Provided records:

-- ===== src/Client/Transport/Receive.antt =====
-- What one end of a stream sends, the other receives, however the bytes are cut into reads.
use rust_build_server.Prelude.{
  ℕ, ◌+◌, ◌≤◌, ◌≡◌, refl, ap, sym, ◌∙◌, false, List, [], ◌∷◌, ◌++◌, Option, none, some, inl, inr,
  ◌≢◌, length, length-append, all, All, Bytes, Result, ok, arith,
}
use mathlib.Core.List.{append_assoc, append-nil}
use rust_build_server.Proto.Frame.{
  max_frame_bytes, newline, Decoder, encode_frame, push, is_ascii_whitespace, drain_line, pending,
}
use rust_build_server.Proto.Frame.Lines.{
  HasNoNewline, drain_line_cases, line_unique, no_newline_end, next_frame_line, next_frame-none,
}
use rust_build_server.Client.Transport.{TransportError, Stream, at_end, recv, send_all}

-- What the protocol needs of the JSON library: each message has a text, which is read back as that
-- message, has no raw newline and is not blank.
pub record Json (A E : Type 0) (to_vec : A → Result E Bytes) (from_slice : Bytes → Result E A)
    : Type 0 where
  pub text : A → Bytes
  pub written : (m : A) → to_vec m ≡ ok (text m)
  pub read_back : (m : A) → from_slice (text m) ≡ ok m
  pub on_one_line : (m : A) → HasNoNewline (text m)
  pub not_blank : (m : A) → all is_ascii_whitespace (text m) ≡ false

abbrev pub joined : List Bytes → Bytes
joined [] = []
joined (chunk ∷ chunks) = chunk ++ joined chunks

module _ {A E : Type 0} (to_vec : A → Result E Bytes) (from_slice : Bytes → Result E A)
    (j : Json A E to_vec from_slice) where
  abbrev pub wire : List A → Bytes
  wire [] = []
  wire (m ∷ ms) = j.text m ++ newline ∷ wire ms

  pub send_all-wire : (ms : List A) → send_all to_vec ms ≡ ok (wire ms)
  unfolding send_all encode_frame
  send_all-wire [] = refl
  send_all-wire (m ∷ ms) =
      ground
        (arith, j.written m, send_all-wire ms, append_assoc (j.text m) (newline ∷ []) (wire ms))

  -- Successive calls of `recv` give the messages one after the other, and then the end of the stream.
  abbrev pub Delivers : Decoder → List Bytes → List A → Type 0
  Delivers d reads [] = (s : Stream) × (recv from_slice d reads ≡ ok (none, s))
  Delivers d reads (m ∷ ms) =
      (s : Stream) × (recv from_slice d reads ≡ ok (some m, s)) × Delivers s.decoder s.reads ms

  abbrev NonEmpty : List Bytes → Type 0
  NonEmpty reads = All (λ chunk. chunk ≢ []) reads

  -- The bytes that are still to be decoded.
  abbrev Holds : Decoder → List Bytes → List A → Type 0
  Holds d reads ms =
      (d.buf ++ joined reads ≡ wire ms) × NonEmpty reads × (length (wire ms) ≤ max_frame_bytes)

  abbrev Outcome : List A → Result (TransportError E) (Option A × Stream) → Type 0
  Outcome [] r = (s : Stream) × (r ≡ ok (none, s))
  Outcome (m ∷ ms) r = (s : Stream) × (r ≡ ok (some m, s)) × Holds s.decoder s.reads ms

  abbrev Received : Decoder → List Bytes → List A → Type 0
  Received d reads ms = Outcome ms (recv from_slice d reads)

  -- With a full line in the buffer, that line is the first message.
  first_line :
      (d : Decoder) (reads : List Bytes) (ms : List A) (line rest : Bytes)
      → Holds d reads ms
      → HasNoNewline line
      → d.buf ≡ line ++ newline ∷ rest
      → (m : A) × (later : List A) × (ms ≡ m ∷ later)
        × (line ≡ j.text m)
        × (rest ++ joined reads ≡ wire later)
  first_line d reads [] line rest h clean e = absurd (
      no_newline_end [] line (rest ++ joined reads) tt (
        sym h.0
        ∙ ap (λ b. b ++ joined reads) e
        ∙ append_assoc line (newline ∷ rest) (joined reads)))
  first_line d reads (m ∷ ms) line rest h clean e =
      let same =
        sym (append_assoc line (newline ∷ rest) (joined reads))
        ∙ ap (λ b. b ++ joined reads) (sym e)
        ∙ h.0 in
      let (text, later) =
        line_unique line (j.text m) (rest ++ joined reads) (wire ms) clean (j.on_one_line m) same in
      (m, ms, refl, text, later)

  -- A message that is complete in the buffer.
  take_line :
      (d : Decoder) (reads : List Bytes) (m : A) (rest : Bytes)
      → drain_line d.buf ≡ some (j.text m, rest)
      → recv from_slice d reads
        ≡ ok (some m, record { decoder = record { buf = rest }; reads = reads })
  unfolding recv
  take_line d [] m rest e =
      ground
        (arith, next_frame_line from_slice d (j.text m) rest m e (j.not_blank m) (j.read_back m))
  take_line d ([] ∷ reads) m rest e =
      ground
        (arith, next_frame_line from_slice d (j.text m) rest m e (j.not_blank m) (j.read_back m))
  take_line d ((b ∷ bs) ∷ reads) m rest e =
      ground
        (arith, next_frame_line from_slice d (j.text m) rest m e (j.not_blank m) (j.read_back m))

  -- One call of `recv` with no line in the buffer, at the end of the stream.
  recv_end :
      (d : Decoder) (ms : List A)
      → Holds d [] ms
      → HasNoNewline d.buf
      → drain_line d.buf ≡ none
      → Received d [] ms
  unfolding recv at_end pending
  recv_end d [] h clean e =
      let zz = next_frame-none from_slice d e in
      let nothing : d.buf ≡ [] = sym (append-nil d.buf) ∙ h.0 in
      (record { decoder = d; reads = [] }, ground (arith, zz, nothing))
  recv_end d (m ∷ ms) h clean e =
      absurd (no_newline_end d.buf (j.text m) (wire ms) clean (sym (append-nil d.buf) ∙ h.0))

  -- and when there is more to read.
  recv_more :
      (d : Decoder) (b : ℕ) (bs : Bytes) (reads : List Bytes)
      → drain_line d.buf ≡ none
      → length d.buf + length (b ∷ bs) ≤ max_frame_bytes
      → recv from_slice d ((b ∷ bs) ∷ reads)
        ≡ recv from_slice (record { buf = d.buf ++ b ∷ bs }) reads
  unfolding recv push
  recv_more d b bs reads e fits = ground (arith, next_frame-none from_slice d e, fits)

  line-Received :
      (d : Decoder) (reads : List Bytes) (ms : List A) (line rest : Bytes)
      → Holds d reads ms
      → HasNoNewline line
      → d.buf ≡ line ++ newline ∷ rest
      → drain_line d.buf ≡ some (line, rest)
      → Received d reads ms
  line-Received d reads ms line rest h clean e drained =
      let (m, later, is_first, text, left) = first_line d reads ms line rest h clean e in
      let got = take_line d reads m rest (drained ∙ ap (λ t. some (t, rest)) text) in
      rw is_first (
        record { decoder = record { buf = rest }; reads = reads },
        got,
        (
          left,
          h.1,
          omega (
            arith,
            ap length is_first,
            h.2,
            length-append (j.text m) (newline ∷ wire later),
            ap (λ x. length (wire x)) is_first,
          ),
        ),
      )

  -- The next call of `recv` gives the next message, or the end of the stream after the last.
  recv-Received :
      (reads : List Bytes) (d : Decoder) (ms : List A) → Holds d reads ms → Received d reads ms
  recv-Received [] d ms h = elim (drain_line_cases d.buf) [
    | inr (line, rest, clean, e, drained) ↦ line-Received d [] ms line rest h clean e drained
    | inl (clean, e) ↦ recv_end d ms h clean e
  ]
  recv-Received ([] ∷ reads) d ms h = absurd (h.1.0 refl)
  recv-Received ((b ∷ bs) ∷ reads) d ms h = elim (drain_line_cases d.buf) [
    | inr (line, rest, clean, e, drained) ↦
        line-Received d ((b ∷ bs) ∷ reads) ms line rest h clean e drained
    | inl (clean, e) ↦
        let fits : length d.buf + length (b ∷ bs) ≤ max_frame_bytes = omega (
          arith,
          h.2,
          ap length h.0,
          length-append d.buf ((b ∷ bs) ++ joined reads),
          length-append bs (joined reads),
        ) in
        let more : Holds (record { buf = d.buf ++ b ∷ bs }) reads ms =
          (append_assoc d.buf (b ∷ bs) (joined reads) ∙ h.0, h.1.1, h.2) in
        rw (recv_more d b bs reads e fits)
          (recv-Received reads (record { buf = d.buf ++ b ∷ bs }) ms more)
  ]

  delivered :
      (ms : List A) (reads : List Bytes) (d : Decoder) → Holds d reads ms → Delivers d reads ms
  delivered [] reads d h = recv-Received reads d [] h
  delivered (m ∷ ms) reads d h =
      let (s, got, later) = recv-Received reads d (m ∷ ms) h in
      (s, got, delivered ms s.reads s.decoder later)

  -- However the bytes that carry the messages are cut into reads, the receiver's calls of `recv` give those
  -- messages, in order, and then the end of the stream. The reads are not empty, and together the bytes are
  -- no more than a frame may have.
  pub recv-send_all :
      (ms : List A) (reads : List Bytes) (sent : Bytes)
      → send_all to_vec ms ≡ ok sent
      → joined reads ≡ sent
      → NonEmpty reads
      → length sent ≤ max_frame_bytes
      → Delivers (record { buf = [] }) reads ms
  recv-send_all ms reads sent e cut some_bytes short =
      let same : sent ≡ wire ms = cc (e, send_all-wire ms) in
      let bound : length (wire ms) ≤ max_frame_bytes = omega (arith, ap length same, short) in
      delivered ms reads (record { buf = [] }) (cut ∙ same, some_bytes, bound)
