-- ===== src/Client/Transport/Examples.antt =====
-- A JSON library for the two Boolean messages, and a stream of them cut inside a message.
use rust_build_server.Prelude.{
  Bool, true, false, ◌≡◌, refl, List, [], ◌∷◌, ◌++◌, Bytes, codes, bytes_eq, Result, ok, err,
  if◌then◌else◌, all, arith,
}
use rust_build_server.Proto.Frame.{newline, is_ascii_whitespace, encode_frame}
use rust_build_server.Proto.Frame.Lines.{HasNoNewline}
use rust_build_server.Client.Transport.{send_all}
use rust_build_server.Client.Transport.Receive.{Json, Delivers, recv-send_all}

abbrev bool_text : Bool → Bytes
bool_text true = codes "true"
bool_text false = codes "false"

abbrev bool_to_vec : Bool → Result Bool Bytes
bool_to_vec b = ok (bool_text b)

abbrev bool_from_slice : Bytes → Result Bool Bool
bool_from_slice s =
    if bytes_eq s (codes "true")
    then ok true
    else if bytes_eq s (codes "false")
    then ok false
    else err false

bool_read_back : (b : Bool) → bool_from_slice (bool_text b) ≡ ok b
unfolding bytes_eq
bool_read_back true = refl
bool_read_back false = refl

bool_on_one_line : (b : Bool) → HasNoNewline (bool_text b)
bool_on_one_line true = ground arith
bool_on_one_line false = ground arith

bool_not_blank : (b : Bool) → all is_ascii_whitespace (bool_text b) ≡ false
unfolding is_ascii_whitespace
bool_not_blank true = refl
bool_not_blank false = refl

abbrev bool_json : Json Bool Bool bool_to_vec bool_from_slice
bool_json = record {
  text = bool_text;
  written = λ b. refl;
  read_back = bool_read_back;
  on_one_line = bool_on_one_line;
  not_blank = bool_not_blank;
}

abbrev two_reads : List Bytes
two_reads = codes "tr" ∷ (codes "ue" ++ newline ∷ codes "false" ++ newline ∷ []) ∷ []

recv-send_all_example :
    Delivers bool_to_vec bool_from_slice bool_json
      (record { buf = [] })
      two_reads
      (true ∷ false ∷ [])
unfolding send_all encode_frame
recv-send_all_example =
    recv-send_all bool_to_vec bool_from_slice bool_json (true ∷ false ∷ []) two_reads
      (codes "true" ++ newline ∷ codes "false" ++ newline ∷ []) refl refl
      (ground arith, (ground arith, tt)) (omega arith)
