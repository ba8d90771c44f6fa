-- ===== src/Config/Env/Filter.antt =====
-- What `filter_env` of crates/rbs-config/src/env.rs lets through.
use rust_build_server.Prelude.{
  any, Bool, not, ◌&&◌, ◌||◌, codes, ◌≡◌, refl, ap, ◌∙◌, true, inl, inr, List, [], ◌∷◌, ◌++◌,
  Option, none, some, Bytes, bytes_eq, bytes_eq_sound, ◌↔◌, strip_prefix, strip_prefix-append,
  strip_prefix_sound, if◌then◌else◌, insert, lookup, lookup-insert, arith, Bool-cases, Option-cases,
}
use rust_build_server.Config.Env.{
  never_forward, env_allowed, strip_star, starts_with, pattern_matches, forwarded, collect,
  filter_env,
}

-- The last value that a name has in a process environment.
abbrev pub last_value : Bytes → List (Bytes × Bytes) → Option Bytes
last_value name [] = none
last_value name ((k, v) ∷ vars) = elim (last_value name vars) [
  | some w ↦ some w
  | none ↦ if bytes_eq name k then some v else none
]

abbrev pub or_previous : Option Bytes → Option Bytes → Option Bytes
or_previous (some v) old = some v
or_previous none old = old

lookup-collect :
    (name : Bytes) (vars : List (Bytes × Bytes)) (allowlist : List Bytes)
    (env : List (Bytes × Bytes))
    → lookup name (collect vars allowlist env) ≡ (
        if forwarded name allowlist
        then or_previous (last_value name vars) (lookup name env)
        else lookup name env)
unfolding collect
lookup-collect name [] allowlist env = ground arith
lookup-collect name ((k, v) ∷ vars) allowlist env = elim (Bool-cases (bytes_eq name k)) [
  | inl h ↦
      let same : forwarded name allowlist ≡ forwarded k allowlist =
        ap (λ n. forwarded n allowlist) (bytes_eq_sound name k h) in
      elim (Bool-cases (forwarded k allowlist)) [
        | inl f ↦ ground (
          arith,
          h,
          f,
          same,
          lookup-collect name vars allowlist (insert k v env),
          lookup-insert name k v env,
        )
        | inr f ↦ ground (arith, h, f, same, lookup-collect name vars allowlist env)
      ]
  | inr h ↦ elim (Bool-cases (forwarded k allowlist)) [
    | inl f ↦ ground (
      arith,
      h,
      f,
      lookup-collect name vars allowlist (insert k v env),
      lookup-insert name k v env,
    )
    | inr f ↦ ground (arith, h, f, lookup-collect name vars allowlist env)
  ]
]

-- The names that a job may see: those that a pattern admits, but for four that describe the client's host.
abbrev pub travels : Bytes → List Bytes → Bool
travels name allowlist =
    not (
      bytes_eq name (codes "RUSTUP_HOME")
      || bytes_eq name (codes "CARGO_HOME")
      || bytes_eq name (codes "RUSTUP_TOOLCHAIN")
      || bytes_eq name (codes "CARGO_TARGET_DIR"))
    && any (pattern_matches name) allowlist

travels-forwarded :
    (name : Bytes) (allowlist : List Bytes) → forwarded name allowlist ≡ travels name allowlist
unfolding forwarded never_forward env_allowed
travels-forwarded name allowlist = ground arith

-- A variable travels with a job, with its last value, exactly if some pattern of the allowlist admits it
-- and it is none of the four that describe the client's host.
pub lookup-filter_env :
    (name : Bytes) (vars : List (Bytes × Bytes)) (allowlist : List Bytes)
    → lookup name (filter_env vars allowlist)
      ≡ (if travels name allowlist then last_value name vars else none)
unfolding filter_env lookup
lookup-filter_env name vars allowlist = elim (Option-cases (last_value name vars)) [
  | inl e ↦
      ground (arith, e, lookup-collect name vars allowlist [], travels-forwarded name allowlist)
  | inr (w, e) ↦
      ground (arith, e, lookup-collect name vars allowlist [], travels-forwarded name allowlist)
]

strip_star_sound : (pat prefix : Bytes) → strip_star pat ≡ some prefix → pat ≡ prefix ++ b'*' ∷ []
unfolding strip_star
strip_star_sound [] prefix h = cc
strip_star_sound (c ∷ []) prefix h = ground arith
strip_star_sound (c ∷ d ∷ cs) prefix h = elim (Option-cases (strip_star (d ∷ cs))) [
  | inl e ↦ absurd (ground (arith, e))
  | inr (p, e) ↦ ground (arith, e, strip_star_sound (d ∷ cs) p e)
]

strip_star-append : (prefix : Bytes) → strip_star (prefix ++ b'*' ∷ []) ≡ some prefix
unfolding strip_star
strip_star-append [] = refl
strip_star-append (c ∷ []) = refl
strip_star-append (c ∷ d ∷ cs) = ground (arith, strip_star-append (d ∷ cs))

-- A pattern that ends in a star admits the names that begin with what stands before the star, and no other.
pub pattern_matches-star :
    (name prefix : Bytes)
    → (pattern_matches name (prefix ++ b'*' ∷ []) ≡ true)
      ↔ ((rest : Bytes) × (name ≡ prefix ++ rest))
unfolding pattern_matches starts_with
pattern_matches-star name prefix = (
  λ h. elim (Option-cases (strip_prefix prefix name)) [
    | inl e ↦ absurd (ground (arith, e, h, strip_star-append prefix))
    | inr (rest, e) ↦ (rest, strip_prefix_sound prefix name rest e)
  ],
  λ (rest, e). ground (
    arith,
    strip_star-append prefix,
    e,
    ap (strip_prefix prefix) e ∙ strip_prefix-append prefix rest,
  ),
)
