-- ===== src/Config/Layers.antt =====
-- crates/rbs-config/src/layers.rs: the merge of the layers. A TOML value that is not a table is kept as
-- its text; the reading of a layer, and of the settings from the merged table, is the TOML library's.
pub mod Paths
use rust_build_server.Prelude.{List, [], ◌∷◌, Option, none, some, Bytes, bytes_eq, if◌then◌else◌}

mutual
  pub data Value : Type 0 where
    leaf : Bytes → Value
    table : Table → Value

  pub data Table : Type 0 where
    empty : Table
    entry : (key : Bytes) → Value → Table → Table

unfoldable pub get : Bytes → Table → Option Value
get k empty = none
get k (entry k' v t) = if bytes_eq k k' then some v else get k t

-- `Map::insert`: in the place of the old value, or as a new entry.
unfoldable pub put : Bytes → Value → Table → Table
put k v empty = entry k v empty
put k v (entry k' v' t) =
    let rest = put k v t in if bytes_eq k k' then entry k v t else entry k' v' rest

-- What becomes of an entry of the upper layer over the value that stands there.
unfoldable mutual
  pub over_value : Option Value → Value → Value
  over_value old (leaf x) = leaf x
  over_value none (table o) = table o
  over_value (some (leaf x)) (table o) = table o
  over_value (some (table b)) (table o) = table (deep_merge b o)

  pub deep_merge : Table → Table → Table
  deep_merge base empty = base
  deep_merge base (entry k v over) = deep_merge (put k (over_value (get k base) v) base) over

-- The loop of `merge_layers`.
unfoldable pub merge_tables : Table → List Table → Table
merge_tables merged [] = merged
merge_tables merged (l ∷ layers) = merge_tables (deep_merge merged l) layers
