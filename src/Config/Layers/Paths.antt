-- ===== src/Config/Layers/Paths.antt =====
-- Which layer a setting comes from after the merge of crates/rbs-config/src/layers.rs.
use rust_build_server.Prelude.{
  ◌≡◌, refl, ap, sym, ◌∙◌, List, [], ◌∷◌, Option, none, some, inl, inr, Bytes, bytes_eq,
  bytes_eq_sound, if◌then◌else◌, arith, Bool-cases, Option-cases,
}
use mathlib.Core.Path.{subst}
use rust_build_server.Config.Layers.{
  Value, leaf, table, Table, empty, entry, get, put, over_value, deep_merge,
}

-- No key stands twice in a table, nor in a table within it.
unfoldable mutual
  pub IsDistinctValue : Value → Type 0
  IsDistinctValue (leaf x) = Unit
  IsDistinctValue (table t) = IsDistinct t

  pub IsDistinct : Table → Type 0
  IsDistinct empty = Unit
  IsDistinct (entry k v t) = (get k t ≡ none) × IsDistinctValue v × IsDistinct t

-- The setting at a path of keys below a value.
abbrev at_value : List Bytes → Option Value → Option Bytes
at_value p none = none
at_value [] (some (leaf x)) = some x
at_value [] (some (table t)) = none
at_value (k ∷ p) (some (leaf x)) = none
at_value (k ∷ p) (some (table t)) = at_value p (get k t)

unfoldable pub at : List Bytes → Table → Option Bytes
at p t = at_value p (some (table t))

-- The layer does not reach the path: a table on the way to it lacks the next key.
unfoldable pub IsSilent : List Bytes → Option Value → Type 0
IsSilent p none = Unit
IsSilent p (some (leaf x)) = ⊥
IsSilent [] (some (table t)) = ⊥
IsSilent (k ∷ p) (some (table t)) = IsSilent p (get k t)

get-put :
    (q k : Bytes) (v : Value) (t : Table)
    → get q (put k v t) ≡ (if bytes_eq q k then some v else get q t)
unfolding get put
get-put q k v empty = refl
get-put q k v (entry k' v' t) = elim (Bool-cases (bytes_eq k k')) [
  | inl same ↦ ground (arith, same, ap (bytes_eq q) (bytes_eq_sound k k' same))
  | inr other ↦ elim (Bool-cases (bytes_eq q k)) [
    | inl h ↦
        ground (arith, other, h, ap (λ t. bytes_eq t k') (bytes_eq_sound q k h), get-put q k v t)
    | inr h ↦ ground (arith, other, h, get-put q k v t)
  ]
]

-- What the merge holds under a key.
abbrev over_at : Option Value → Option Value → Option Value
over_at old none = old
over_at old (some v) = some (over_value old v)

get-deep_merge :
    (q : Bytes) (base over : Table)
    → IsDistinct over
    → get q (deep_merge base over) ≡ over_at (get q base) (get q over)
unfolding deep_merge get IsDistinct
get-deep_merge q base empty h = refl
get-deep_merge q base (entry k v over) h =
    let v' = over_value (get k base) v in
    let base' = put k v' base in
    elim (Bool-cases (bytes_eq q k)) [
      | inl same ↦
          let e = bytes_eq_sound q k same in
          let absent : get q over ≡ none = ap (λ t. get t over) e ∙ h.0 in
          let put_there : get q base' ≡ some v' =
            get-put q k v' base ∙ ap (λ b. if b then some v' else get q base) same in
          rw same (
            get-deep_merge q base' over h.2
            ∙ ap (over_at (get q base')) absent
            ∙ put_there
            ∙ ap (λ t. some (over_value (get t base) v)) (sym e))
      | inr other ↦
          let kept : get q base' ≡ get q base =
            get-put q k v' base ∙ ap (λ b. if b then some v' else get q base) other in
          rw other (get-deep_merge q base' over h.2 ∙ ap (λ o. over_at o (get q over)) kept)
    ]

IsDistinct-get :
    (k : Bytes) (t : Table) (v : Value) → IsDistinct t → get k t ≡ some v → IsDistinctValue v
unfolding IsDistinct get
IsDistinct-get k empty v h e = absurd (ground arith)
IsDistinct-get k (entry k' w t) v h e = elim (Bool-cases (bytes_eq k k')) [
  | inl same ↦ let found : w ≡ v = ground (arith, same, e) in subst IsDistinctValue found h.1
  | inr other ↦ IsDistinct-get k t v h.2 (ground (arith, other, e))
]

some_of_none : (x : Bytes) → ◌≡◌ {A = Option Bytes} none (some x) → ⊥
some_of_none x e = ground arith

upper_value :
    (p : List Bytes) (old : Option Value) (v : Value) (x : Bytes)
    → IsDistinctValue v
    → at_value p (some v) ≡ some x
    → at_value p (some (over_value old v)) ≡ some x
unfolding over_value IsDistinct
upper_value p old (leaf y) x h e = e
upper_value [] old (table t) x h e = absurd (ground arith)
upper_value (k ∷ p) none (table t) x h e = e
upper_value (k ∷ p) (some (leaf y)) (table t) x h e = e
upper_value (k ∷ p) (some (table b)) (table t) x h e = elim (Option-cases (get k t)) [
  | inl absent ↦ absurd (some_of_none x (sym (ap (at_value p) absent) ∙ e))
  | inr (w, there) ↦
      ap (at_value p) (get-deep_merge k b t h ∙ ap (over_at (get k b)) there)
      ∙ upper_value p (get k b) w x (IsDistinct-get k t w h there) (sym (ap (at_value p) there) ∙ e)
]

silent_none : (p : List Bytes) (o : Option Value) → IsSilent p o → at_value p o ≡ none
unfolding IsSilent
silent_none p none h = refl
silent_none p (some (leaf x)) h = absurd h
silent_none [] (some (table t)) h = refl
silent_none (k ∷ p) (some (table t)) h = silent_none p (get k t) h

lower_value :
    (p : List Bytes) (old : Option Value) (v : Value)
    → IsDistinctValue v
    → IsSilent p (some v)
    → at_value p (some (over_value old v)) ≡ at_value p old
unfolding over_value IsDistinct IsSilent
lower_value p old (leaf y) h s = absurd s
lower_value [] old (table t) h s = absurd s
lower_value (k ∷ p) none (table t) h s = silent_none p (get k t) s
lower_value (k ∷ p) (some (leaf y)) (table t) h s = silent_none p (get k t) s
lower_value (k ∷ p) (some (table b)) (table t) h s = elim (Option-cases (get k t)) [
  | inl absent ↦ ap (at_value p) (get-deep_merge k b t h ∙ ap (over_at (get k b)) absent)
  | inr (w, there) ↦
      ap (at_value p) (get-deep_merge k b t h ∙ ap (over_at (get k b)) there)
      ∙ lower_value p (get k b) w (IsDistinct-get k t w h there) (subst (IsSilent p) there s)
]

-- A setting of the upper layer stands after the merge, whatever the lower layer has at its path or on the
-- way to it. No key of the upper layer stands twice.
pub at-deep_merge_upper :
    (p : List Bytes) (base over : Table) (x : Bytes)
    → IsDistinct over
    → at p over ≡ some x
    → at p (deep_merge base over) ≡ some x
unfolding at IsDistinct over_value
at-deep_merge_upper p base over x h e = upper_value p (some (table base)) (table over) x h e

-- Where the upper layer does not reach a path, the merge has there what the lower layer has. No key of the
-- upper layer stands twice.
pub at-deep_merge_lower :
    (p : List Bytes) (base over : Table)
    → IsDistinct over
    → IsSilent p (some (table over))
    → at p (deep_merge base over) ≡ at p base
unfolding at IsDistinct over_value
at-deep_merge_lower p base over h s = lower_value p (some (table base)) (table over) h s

Problem statement:
Everything above from the line with "(q k : Bytes) (v : Value) (t : Table)" to the line with "get-put q k v (entry", both included, must be repeated exactly, and nothing outside that range.

Solution to this problem:
    (q k : Bytes) (v : Value) (t : Table)
    → get q (put k v t) ≡ (if bytes_eq q k then some v else get q t)
unfolding get put
get-put q k v empty = refl
get-put q k v (entry k' v' t) = elim (Bool-cases (bytes_eq k k')) [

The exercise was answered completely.